Pandemi Covid-19 yang melanda dunia termasuk Indonesia berdampak terhadap angka pengangguran, kemiskinan, kesenjangan ekonomi, serta berpotensi merusak lingkungan.
Image title
Oleh Dini Hariyanti - Tim Publikasi Katadata
30 September 2020, 14:57

Pandemi Covid-19 yang melanda dunia termasuk Indonesia berdampak terhadap angka pengangguran, kemiskinan, kesenjangan ekonomi, serta berpotensi merusak lingkungan. LPEM FEB Universitas Indonesia menyarankan pemerintah menerapkan strategi pemulihan ekonomi yang searah dengan prinsip pembangunan berkelanjutan (Sustainable Development Goals/SDGs).
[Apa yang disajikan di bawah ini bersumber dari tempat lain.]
-- ===== src/Encoding/Utf/Utf16.antt =====
-- UTF-16 to UTF-8 and back.
use capnp_import.Common.{
  ℕ, zero, suc, length, ◌+◌, ◌-◌, ◌*◌, ◌%◌, ◌^◌, ◌<◌, ◌≤◌, ◌≡◌, List, [], ◌∷◌, ◌++◌,
}
use capnp_import.Common.{Bool, true, false, Option, some, none, arith, refl, All}
use capnp_import.Common.{if◌then◌else◌, ltb, Bool-cases, inl, inr}
use capnp_import.Common.Bits.{bit_or_disjoint}
use capnp_import.Encoding.{add, flag}
use capnp_import.Encoding.Utf.Bytes.{low_ten, top_five, top_six, bit_ten}
use capnp_import.Encoding.Utf.Steps.{
  round_one_byte, round_two_bytes, round_three_bytes, round_four_bytes,
}
use capnp_import.Encoding.Utf.{
  decode_utf16, add_all, two_bytes, three_bytes, four_bytes, is_surrogate, is_pair, pair_value,
  char16_t, surrogates, joins, finish_round, encode_utf_loop, encode_utf16,
}

abbrev pub IsUnit16 : ℕ → Type 0
IsUnit16 u = u < 2 ^ 16

-- A pair's code point, and its surrogates again.
pair_value-eq : (u u2 : ℕ) → pair_value u u2 ≡ u % 1024 * 1024 + u2 % 1024 + 65536
pair_value-eq u u2 =
    ground (arith, low_ten u, low_ten u2, bit_or_disjoint 10 (u % 1024) (u2 % 1024) (omega arith))

surrogates-pair_value :
    (u u2 : ℕ)
    → IsUnit16 u
    → IsUnit16 u2
    → is_surrogate u ≡ true
    → is_pair u u2 ≡ true
    → surrogates (pair_value u u2) ≡ (u, u2)
unfolding surrogates
surrogates-pair_value u u2 hu hu2 s p = ground (
  arith,
  pair_value-eq u u2,
  top_five u,
  bit_ten u,
  top_six u2,
  low_ten (pair_value u u2 - 65536),
  bit_or_disjoint 10 54 (u % 1024) (omega arith),
  bit_or_disjoint 10 55 (u2 % 1024) (omega arith),
)

-- The first unit does not complete a pair with the unit before it.
abbrev Apart : Option ℕ → List ℕ → Type 0
Apart back [] = Unit
Apart back (u ∷ us) = joins back u ≡ false

joins-lone : (u u2 : ℕ) → is_surrogate u ≡ true → is_pair u u2 ≡ false → joins (some u) u2 ≡ false
unfolding joins
joins-lone u u2 s p = ground (arith, top_five u, top_six u, bit_ten u)

joins-plain : (u u2 : ℕ) → is_surrogate u ≡ false → joins (some u) u2 ≡ false
unfolding joins
joins-plain u u2 s = ground (arith, top_five u, top_six u)

joins-small : (u u2 : ℕ) → u < 0x0800 → joins (some u) u2 ≡ false
unfolding joins
joins-small u u2 h = ground (arith, top_six u)

joins-low : (u low u2 : ℕ) → is_pair u low ≡ true → joins (some low) u2 ≡ false
unfolding joins
joins-low u low u2 p = ground (arith, top_six low)

-- The code units come out again, behind whatever came before them.
abbrev Trip : Bool → ℕ → Option ℕ → List ℕ → Type 0
Trip nul fuel back us =
    encode_utf_loop char16_t nul fuel back (decode_utf16 us).value
    ≡ some (record {
      value = us ++ (if nul then 0 ∷ [] else []);
      had_errors = (decode_utf16 us).had_errors;
    })

-- Whether the first unit makes a pair with the second.
abbrev pairs : ℕ → List ℕ → Bool
pairs u [] = false
pairs u (u2 ∷ us) = is_pair u u2

-- The rounds of the decoder.
decode_one_byte :
    (u : ℕ) (us : List ℕ) → ltb u 0x80 ≡ true → decode_utf16 (u ∷ us) ≡ add u (decode_utf16 us)
unfolding decode_utf16
decode_one_byte u [] e = rw e
decode_one_byte u (u2 ∷ us) e = rw e

decode_two_bytes :
    (u : ℕ) (us : List ℕ)
    → ltb u 0x80 ≡ false
    → ltb u 0x0800 ≡ true
    → decode_utf16 (u ∷ us) ≡ add_all (two_bytes u) (decode_utf16 us)
unfolding decode_utf16 two_bytes
decode_two_bytes u [] e f = rw (e, f)
decode_two_bytes u (u2 ∷ us) e f = rw (e, f)

decode_three_bytes :
    (u : ℕ) (us : List ℕ)
    → ltb u 0x80 ≡ false
    → ltb u 0x0800 ≡ false
    → is_surrogate u ≡ false
    → decode_utf16 (u ∷ us) ≡ add_all (three_bytes u) (decode_utf16 us)
unfolding decode_utf16 three_bytes
decode_three_bytes u [] e f s = rw (e, f, s)
decode_three_bytes u (u2 ∷ us) e f s = rw (e, f, s)

decode_lone :
    (u : ℕ) (us : List ℕ)
    → ltb u 0x80 ≡ false
    → ltb u 0x0800 ≡ false
    → is_surrogate u ≡ true
    → pairs u us ≡ false
    → decode_utf16 (u ∷ us) ≡ flag (add_all (three_bytes u) (decode_utf16 us))
unfolding decode_utf16 three_bytes
decode_lone u [] e f s p = rw (e, f, s)
decode_lone u (u2 ∷ us) e f s p = rw (e, f, s, p)

decode_pair :
    (u u2 : ℕ) (us : List ℕ)
    → ltb u 0x80 ≡ false
    → ltb u 0x0800 ≡ false
    → is_surrogate u ≡ true
    → is_pair u u2 ≡ true
    → decode_utf16 (u ∷ u2 ∷ us) ≡ add_all (four_bytes (pair_value u u2)) (decode_utf16 us)
unfolding decode_utf16
decode_pair u u2 us e f s p = rw (e, f, s, p)

-- The rounds of the encoder on what those wrote.
module _ (nul : Bool) (fuel : ℕ) (back : Option ℕ) (u : ℕ) where
  Trip-one_byte :
      (us : List ℕ)
      → ltb u 0x80 ≡ true
      → Trip nul fuel (some u) us
      → Trip nul (suc fuel) back (u ∷ us)
  Trip-one_byte us e ih = rw (decode_one_byte u us e) (
      rw (round_one_byte char16_t nul fuel back (decode_utf16 us).value u (ground arith))
        (rw ih refl))

  Trip-two_bytes :
      (us : List ℕ)
      → ltb u 0x80 ≡ false
      → ltb u 0x0800 ≡ true
      → Trip nul fuel (some u) us
      → Trip nul (suc fuel) back (u ∷ us)
  Trip-two_bytes us e f ih = rw (decode_two_bytes u us e f) (
      rw
        (round_two_bytes char16_t nul fuel back (decode_utf16 us).value u (ground arith)
          (ground arith))
        (rw ih refl))

  Trip-three_bytes :
      (us : List ℕ)
      → ltb u 0x0800 ≡ false
      → IsUnit16 u
      → is_surrogate u ≡ false
      → Trip nul fuel (some u) us
      → Trip nul (suc fuel) back (u ∷ us)
  Trip-three_bytes us f hu s ih = rw (decode_three_bytes u us (ground arith) f s) (
      rw
        (round_three_bytes char16_t nul fuel back (decode_utf16 us).value u (ground arith) hu
          (rw s refl))
        (rw ih (rw s refl)))

  Trip-lone :
      (us : List ℕ)
      → ltb u 0x0800 ≡ false
      → IsUnit16 u
      → is_surrogate u ≡ true
      → pairs u us ≡ false
      → joins back u ≡ false
      → Trip nul fuel (some u) us
      → Trip nul (suc fuel) back (u ∷ us)
  Trip-lone us f hu s p apart ih = rw (decode_lone u us (ground arith) f s p) (
      rw
        (round_three_bytes char16_t nul fuel back (decode_utf16 us).value u (ground arith) hu
          (rw s apart))
        (rw ih (rw s refl)))

  Trip-pair :
      (u2 : ℕ) (us : List ℕ)
      → ltb u 0x0800 ≡ false
      → IsUnit16 u
      → IsUnit16 u2
      → is_surrogate u ≡ true
      → is_pair u u2 ≡ true
      → Trip nul fuel (some u2) us
      → Trip nul (suc fuel) back (u ∷ u2 ∷ us)
  unfolding finish_round
  Trip-pair u2 us f hu hu2 s p ih = rw (decode_pair u u2 us (ground arith) f s p) (
      rw
        (round_four_bytes char16_t nul fuel back (decode_utf16 us).value (pair_value u u2)
          (omega (arith, pair_value-eq u u2)) (omega (arith, pair_value-eq u u2)))
        (rw (surrogates-pair_value u u2 hu hu2 s p) (rw ih refl)))

Apart-lone : (u : ℕ) (us : List ℕ) → is_surrogate u ≡ true → pairs u us ≡ false → Apart (some u) us
Apart-lone u [] s p = tt
Apart-lone u (u2 ∷ us) s p = joins-lone u u2 s p

Apart-plain : (u : ℕ) (us : List ℕ) → is_surrogate u ≡ false → Apart (some u) us
Apart-plain u [] s = tt
Apart-plain u (u2 ∷ us) s = joins-plain u u2 s

Apart-small : (u : ℕ) (us : List ℕ) → u < 0x0800 → Apart (some u) us
Apart-small u [] h = tt
Apart-small u (u2 ∷ us) h = joins-small u u2 h

Apart-low : (u low : ℕ) (us : List ℕ) → is_pair u low ≡ true → Apart (some low) us
Apart-low u low [] p = tt
Apart-low u low (u2 ∷ us) p = joins-low u low u2 p

-- All rounds of a unit that starts no pair.
module _ (nul : Bool) (fuel : ℕ) (back : Option ℕ) (u : ℕ) (us : List ℕ) (hu : IsUnit16 u)
    (apart : joins back u ≡ false) (ih : Apart (some u) us → Trip nul fuel (some u) us) where
  Trip-single : (is_surrogate u ≡ true → pairs u us ≡ false) → Trip nul (suc fuel) back (u ∷ us)
  Trip-single p = elim (Bool-cases (ltb u 0x80)) [
    | inl e ↦ Trip-one_byte nul fuel back u us e (ih (Apart-small u us (ground arith)))
    | inr e ↦ elim (Bool-cases (ltb u 0x0800)) [
      | inl f ↦ Trip-two_bytes nul fuel back u us e f (ih (Apart-small u us (ground arith)))
      | inr f ↦ elim (Bool-cases (is_surrogate u)) [
        | inl s ↦ Trip-lone nul fuel back u us f hu s (p s) apart (ih (Apart-lone u us s (p s)))
        | inr s ↦ Trip-three_bytes nul fuel back u us f hu s (ih (Apart-plain u us s))
      ]
    ]
  ]

surrogate_large : (u : ℕ) → is_surrogate u ≡ true → ltb u 0x0800 ≡ false
surrogate_large u s = ground (arith, top_five u)

Trip-units :
    (nul : Bool) (us : List ℕ) (fuel : ℕ) (back : Option ℕ)
    → All IsUnit16 us
    → length us ≤ fuel
    → Apart back us
    → Trip nul fuel back us
Trip-units nul [] zero back h k apart = unfold decode_utf16 encode_utf_loop in refl
Trip-units nul [] (suc fuel) back h k apart = unfold decode_utf16 encode_utf_loop in refl
Trip-units nul (u ∷ us) zero back h k apart = absurd (omega arith)
Trip-units nul (u ∷ []) (suc fuel) back (hu, h) k apart =
    Trip-single nul fuel back u [] hu apart (Trip-units nul [] fuel (some u) tt (omega arith))
      (λ _. refl)
Trip-units nul (u ∷ u2 ∷ us) (suc fuel) back (hu, h) k apart =
    let next = Trip-units nul (u2 ∷ us) fuel (some u) h (omega arith) in
    let after = Trip-units nul us fuel (some u2) h.1 (omega arith) in
    let single = Trip-single nul fuel back u (u2 ∷ us) hu apart next in
    elim (Bool-cases (is_surrogate u)) [
      | inr plain ↦ single (λ s. cc)
      | inl s ↦ elim (Bool-cases (is_pair u u2)) [
        | inr lone ↦ single (λ _. lone)
        | inl p ↦
            Trip-pair nul fuel back u u2 us (surrogate_large u s) hu h.0 s p
              (after (Apart-low u u2 us p))
      ]
    ]

length-decode_utf16 : (us : List ℕ) → length us ≤ length (decode_utf16 us).value
unfolding decode_utf16 two_bytes three_bytes four_bytes
length-decode_utf16 [] = omega arith
length-decode_utf16 (u ∷ []) = ground arith
length-decode_utf16 (u ∷ u2 ∷ us) =
    ground (arith, length-decode_utf16 (u2 ∷ us), length-decode_utf16 us)

-- Any array of 16-bit code units, well formed or not, is the same again after `decodeUtf16` and
-- `encodeUtf16`, with a NUL behind it if that is asked for, and the two report an error for the
-- same arrays.
pub encode_utf16-decode_utf16 :
    (us : List ℕ) (nul : Bool)
    → All IsUnit16 us
    → encode_utf16 (decode_utf16 us).value nul
      ≡ some (record {
        value = us ++ (if nul then 0 ∷ [] else []);
        had_errors = (decode_utf16 us).had_errors;
      })
unfolding encode_utf16
encode_utf16-decode_utf16 us nul h = Trip-units nul us _ none h (length-decode_utf16 us) (first us)
  where
    first : (us : List ℕ) → Apart none us
    first [] = tt
    first (u ∷ us) = unfold joins in refl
SDGs merupakan kesepakatan pembangunan global pada 2015 yang fokus kepada agenda pembangunan berkelanjutan berdasarkan HAM, kesetaraan, dan bertujuan mengurangi kemiskinan, kesenjangan ekonomi, serta melindungi lingkungan.  Empat pilarnya adalah pembangunan sosial, pembangunan ekonomi, pembangunan lingkungan, serta pembangunan hukum dan tata kelola.

LPEM UI mencatat ada 9 agenda SDGs yang implementasinya terganjal pandemi Covid-19. Misalnya, agenda “No Poverty” alias kehidupan tanpa kemiskinan, sedangkan pandemi yang ada berdampak terhadap angka kemiskinan di Indonesia serta mengancam kestabilan finansial kelompok masyarakat rentan miskin.